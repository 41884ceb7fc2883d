-- ===== src/Chat/Tests.antt =====
-- Conversations on a small site: account 3 lists place 7, account 4 asks about it.
use waterloo_star_backend.Common.{ℕ, ◌≡◌, refl, true, false, none, some, List, [], ◌∷◌, ◌==◌, arith}
use waterloo_star_backend.Common.Text.{trim_space}
use waterloo_star_backend.Store.Table.{lookup, find, all_rows}
use waterloo_star_backend.Store.AtKey.{AtKey}
use waterloo_star_backend.Store.Rows.{Role, Post, Conversation, ChatMessage}
use waterloo_star_backend.Store.Conn.{Conn}
use waterloo_star_backend.Listing.Validate.{published}
use waterloo_star_backend.Admin.Tests.{pool_tx, pool_tx-IsTransactional, account}
use waterloo_star_backend.Auth.Calls.{Surroundings}
use waterloo_star_backend.Chat.Queries.{is_between}
use waterloo_star_backend.Chat.Notify.{notify}
use waterloo_star_backend.Chat.Messages.{Viewer}
use waterloo_star_backend.Chat.Conversations.{get_conversation}
use waterloo_star_backend.Chat.Offers.{make_offer}
use waterloo_star_backend.Chat.Calls.{Server, ChatCall, perform_chats, Every, SharedBy}
use waterloo_star_backend.Chat.Sealed.{is_refused, messages_in, IsSealed, perform_chats-IsSealed}
use waterloo_star_backend.Chat.Address.{
  follows, is_unshared_of, perform_chats-follows, perform_chats-is_unshared_of,
}
use waterloo_star_backend.Chat.Reveal.{Reads, get_conversation-Reads}
use waterloo_star_backend.Chat.MakeOffer.{IsTurnedDown, make_offer-closed}

abbrev place : Post
place = record {
  owner_id = 3;
  status = published;
  published_at = some 100;
  removed_at = none;
  removed_by = none;
  removed_reason = none;
  updated_at = 0;
  address_line = 49 ∷ 32 ∷ 65 ∷ [];
}

-- Opened by the student, and its address shared
abbrev shared : Conversation
shared = record {
  listing_id = 7;
  owner_id = 3;
  enquirer_id = 4;
  opened_by = 4;
  closed_at = none;
  closed_by = none;
  owner_read_at = none;
  enquirer_read_at = none;
  address_shared_at = some 300;
}

abbrev private : Conversation
private = record shared { address_shared_at = none }

-- Closed by the student
abbrev refused : Conversation
refused = record private { closed_at = some 400; closed_by = some 4 }

abbrev hello : ChatMessage
hello = record { conversation_id = 30; sender_id = 4; body = 104 ∷ 105 ∷ []; created_at = 200 }

abbrev town : Conversation → Conn
town c = record {
  db = record {
    users = (3, account Role.user) ∷ (4, account Role.user) ∷ [];
    listings = (7, place) ∷ [];
    requests = (8, record place { owner_id = 4; address_line = [] }) ∷ [];
    refresh_tokens = [];
    email_verification_tokens = [];
    password_reset_tokens = [];
    conversations = (30, c) ∷ [];
    messages = (31, hello) ∷ [];
    offers = [];
    admin_actions = [];
  };
  faults = [];
  now = 500;
  draws = [];
  outbox = [];
}

abbrev owner : Viewer
owner = record { user_id = 3; verified = true }

abbrev student : Viewer
student = record { user_id = 4; verified = true }

abbrev server : Server
server = record { tx = pool_tx; allowed = λ _. true; btrim = trim_space }

abbrev quiet : ℕ → Surroundings
quiet now = record { now = now; faults = []; draws = 90 ∷ 91 ∷ [] }

-- Both write, the student closes, and the student asks to share the address.
abbrev calls : List (Surroundings × ChatCall)
calls =
    (quiet 600, ChatCall.sending (some owner) 30 (some (104 ∷ 105 ∷ [])))
    ∷ (quiet 610, ChatCall.marking (some student) 30)
    ∷ (quiet 620, ChatCall.closing (some student) 30)
    ∷ (quiet 630, ChatCall.sharing (some student) 30)
    ∷ []

perform_chats-IsSealed_example :
    IsSealed 30
      (messages_in 30 (town refused).db.messages)
      (perform_chats server calls (town refused)).db
unfolding lookup all_rows is_refused
perform_chats-IsSealed_example =
    perform_chats-IsSealed server pool_tx-IsTransactional 30 calls (town refused)
      (record { present = refl; passes = refl })

perform_chats-follows_example :
    AtKey (follows shared) 30 (perform_chats server calls (town shared)).db.conversations
unfolding lookup all_rows follows
perform_chats-follows_example =
    perform_chats-follows server pool_tx-IsTransactional 30 shared calls (town shared)
      (record { present = refl; passes = refl })

-- The student is not the owner.
only_the_student : Every (SharedBy (λ user_id. (user_id == 3) ≡ false)) calls
only_the_student = (nobody, (nobody, (nobody, (λ viewer e. ground arith, tt))))
  where
    nobody : (viewer : Viewer) → none ≡ some viewer → (viewer.user_id == 3) ≡ false
    nobody viewer e = absurd (cc)

perform_chats-is_unshared_of_example :
    AtKey (is_unshared_of 3) 30 (perform_chats server calls (town private)).db.conversations
unfolding lookup all_rows is_unshared_of
perform_chats-is_unshared_of_example =
    perform_chats-is_unshared_of server pool_tx-IsTransactional 30 3 calls (town private)
      only_the_student (record { present = refl; passes = refl })

get_conversation-Reads_example :
    Reads 4 30 (town shared).db (get_conversation (some student) 30 (town shared))
get_conversation-Reads_example = get_conversation-Reads student 30 (town shared)

make_offer-closed_example :
    IsTurnedDown
      (town refused).db
      (make_offer pool_tx (notify (λ _. true)) 8 4 7 place [] (town refused))
unfolding find is_between
make_offer-closed_example =
    make_offer-closed pool_tx pool_tx-IsTransactional (notify (λ _. true)) 8 4 7 place []
      (town refused) 30 refused refl refl refl
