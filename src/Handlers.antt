-- ===== src/Handlers.antt =====
-- The admin handlers of internal/httpapi: admin_guard.go, admin_accounts.go and admin_posts.go.
pub mod Replies
pub mod AdminAccounts
pub mod AdminPosts
pub mod Reads
pub mod Safe
pub mod SafePosts
pub mod Requests
mod Tests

### Problem details
Going down the listing above, begin printing at the line with "draws = [];" and finish with the line with "unfolding lookup all_rows is_refused", exactly as they appear.

### Task result
  draws = [];
  outbox = [];
}

abbrev owner : Viewer
owner = record { user_id = 3; verified = true }

abbrev student : Viewer
student = record { user_id = 4; verified = true }

abbrev server : Server
server = record { tx = pool_tx; allowed = λ _. true; btrim = trim_space }

abbrev quiet : ℕ → Surroundings
quiet now = record { now = now; faults = []; draws = 90 ∷ 91 ∷ [] }

-- Both write, the student closes, and the student asks to share the address.
abbrev calls : List (Surroundings × ChatCall)
calls =
    (quiet 600, ChatCall.sending (some owner) 30 (some (104 ∷ 105 ∷ [])))
    ∷ (quiet 610, ChatCall.marking (some student) 30)
    ∷ (quiet 620, ChatCall.closing (some student) 30)
    ∷ (quiet 630, ChatCall.sharing (some student) 30)
    ∷ []

perform_chats-IsSealed_example :
    IsSealed 30
      (messages_in 30 (town refused).db.messages)
      (perform_chats server calls (town refused)).db
unfolding lookup all_rows is_refused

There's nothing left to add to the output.